Having secured Series A funding in September last year, MicroHarvest has plans to build a pilot plant in Lisbon, Portugal. It will also strengthen its research and development team to accelerate the commercialisation of its technology.

A coffee capsule recycling platform

An increasing number of people are using coffee pods at home and at work. While convenient, problem with these capsules is that very few are recycled, with leading coffee brand Nespresso estimating that only 30% of its consumers recycle the pods.

One of the main stumbling blocks in recycling coffee capsules are the grounds that remain in the pod after it has been used. Spanish company Recycap is making it easier for home users to recycle both the capsules themselves and leftover grounds with its React (Recycap Automated Coffee Technology) recycling device. Used pods are tossed into the device that then automatically cleans the capsules and separates the two materials for easier, more sustainable disposal.

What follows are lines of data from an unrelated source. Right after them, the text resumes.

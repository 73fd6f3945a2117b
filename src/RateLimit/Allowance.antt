-- ===== src/RateLimit/Allowance.antt =====
-- radar/submission.py: `_reserve_run_budget`, against the read-only forecast
-- `run_allowance_available_at` of services/rate_limit_service.py.
use scientific_research_rada.Prelude.{
  ℕ, ◌<◌, String, true, ◌∷◌, none, ltb, eq_iff, ◌≡◌, ◌≢◌, ◌↔◌, arith,
}
use scientific_research_rada.Prelude.Outcome.{Outcome, ok, raised}
use scientific_research_rada.RateLimit.{
  RateLimitBucket, RateLimitExceeded, Table, Window, get, increment, insert_or_increment,
  consume_window, bucket_of, window_key, consume, enforce, blocked_until,
  run_allowance_available_at,
}
use scientific_research_rada.RateLimit.Counting.{
  alone, count_of, increment_other, consume_window_lem,
}

get_cons_other :
    (b : RateLimitBucket) (other : String) (table : Table)
    → b.key ≢ other
    → get other (b ∷ table) ≡ get other table
unfolding get
get_cons_other b other table differ = ground (arith, eq_iff b.key other)

-- A call leaves the counters of other keys alone.
pub consume_window_other :
    (window : Window) (limit : ℕ) (other : String) (table : Table)
    → window.key ≢ other
    → get other (consume_window window limit alone table).0 ≡ get other table
unfolding consume_window insert_or_increment
consume_window_other window limit other table differ =
    let one = increment_other window.key other limit table differ in
    let two = increment_other window.key other limit (increment window.key limit table).0 differ in
    let three =
      get_cons_other (record { key = window.key; count = 1; expires_at = window.deadline }) other
        (increment window.key limit table).0 differ in
    ground (arith, one, two, three)

module _ (hash_key : String → String → ℕ → String) where
  -- The second window is consumed only where the first call did not raise.
  unfoldable pub reserve_run_budget :
      String → ℕ → ℕ → ℕ → (Table → Table) → Table → Table × Outcome RateLimitExceeded (Unit {0})
  reserve_run_budget owner per_hour per_day now others table =
      let (table', hour) = enforce hash_key "radar-hour" owner per_hour 3600 now others table in
      elim hour [
        | raised e ↦ (table', raised e)
        | ok _ ↦ enforce hash_key "radar-day" owner per_day 86400 now others table'
      ]

  -- A window blocks exactly when a call in it would be refused.
  blocked_until_lem :
      (scope subject : String) (limit seconds now : ℕ) (table : Table)
      → 0 < limit
      → let before = count_of (get (window_key hash_key scope subject seconds now).key table) in
        (blocked_until hash_key scope subject limit seconds now table ≡ none)
        ↔ (ltb before limit ≡ true)
  unfolding blocked_until
  blocked_until_lem scope subject limit seconds now table h = ground arith

  enforce_lem :
      (scope subject : String) (limit seconds now : ℕ) (table : Table)
      → 0 < limit
      → let before = count_of (get (window_key hash_key scope subject seconds now).key table) in
        ((enforce hash_key scope subject limit seconds now alone table).1 ≡ ok tt)
        ↔ (ltb before limit ≡ true)
  unfolding enforce consume
  enforce_lem scope subject limit seconds now table h =
      ground
        (arith, consume_window_lem (window_key hash_key scope subject seconds now) limit table h)

  enforce_other :
      (scope subject : String) (limit seconds now : ℕ) (other : String) (table : Table)
      → (window_key hash_key scope subject seconds now).key ≢ other
      → get other (enforce hash_key scope subject limit seconds now alone table).0 ≡ get other table
  unfolding enforce consume
  enforce_other scope subject limit seconds now other table differ =
      consume_window_other (window_key hash_key scope subject seconds now) limit other table differ

  -- Where no other session writes, both limits are at least one and the keys of the two windows
  -- differ, the forecast reports no wait exactly when reserving the run's budget succeeds.
  pub allowance_iff :
      (owner : String) (per_hour per_day now : ℕ) (table : Table)
      → 0 < per_hour
      → 0 < per_day
      → hash_key "radar-hour" owner (bucket_of 3600 now)
        ≢ hash_key "radar-day" owner (bucket_of 86400 now)
      → (run_allowance_available_at hash_key owner per_hour per_day now table ≡ none)
        ↔ ((reserve_run_budget owner per_hour per_day now alone table).1 ≡ ok tt)
  unfolding run_allowance_available_at reserve_run_budget
  allowance_iff owner per_hour per_day now table h d differ =
      let day = (window_key hash_key "radar-day" owner 86400 now).key in
      let after = (enforce hash_key "radar-hour" owner per_hour 3600 now alone table).0 in
      let apart : (window_key hash_key "radar-hour" owner 3600 now).key ≢ day =
        (unfold window_key in differ) in
      ground (
        arith,
        blocked_until_lem "radar-hour" owner per_hour 3600 now table h,
        blocked_until_lem "radar-day" owner per_day 86400 now table d,
        enforce_lem "radar-hour" owner per_hour 3600 now table h,
        enforce_lem "radar-day" owner per_day 86400 now after d,
        enforce_other "radar-hour" owner per_hour 3600 now day table apart,
      )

The grounds can be collected for composting, and the cleaned capsules become easier to recycle in standard facilities. By removing the need for recycling facilities to separate organic waste from metal, the React device could save billions of pieces of recyclable rubbish from ending up in landfill or being incinerated.

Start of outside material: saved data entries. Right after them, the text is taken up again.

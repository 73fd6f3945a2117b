-- ===== src/RateLimit/Windows.antt =====
-- The windows of services/rate_limit_service.py: where they end and how long a caller is told to
-- wait.
use scientific_research_rada.Prelude.{ℕ, ◌+◌, ◌*◌, ◌/◌, ◌≤◌, ◌<◌, String, arith}
use scientific_research_rada.RateLimit.{second, bucket_of, window_key, retry_after}

bucket_bounds : (s d : ℕ) → 0 < d → (s / d * d ≤ s) × (s < (s / d + 1) * d)
bucket_bounds s d h = (grind arith, grind arith)

-- The current window ends after now, and at most its whole length later.
pub deadline_bounds :
    (hash_key : String → String → ℕ → String) (scope subject : String) (seconds now : ℕ)
    → 0 < seconds
    → let window = window_key hash_key scope subject seconds now in
      (now < window.deadline) × (window.deadline ≤ now + seconds * second)
unfolding window_key bucket_of
deadline_bounds hash_key scope subject seconds now h =
    let facts = bucket_bounds (now / second) seconds h in (omega arith, omega arith)

-- The announced wait is at least one second, at most the window's length, and reaches its end.
pub retry_after_bounds :
    (hash_key : String → String → ℕ → String) (scope subject : String) (seconds now : ℕ)
    → 0 < seconds
    → let window = window_key hash_key scope subject seconds now in
      let wait = retry_after window.deadline now in
      (1 ≤ wait) × (wait ≤ seconds) × (window.deadline ≤ now + wait * second)
unfolding retry_after
retry_after_bounds hash_key scope subject seconds now h =
    let bounds = deadline_bounds hash_key scope subject seconds now h in
    (ground arith, ground arith, ground arith)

The React device has the capacity to recycle up to 600 capsules per hour, making the technology convenient for large office buildings and in high traffic public spaces, such as grocery and convenience stores. Recycap has also created a coffee machine with the recycling technology integrated, so users can minimise the number of appliances they have on countertops.

Customised timber homes

Given the carbon footprint of construction materials, cross-laminated timber (CLT) is emerging as a lower carbon alternative for both domestic and commercial developments.

Finnish construction technology company Asumma aims to simplify the entire process of building a cross-laminated home by providing a concierge-type support service for new builds. The company provides customised homes.

As well as CLT walls, floors, roofs, and supports, Asumma homes include wood-fibre insulation and an airtight structure that incorporates natural and mechanical ventilation for the highest quality indoor air – without allowing moisture or mould to enter the home. The modular and bespoke designs significantly cut down on construction times, and all of the wood is sourced from responsibly managed Finnish forests.

Asumma provides seven different homes for buyers to use as a starting point for their build, and the company design team helps ensure that the layout and location of the home best suits the plot of land. Homeowners then get a completely bespoke design, selecting numbers and locations of rooms and additional detached structures, as well as custom additions such as heat pumps and solar panels for off-grid living.

Heat pumps that leverage sound energy

The International Energy Agency (IEA) calls heat pumps “the central technology in the global transition to secure and sustainable heating.” Although they tend to come with higher upfront costs than other heating options, their low rate of emissions and high rates of efficiency are driving sales to record highs. Now, a new type of heat pump leverages thermoacoustic power that transforms the energy of sound waves into heat or cold.

Equium’s Acoustic Heat Pump compresses or expands high-power sound waves to produce the desired temperature. The action requires very little power, and as the sound waves expand and contract, the movement produced is similar to that of a piston in a traditional engine, yet without the mechanical moving parts. It is possible to use the thermoacoustic pumps in most temperatures and climates.

The devices themselves are made from 100% recyclable materials and are designed for extremely low maintenance, with expected product life spans of up to 30 years. They are also easy for owners to install without requiring advanced technical skills. The elimination of greenhouse gas refrigerants combined with minimal maintenance needs contribute to the new pump’s efficiency, which further reduces long-term investment costs.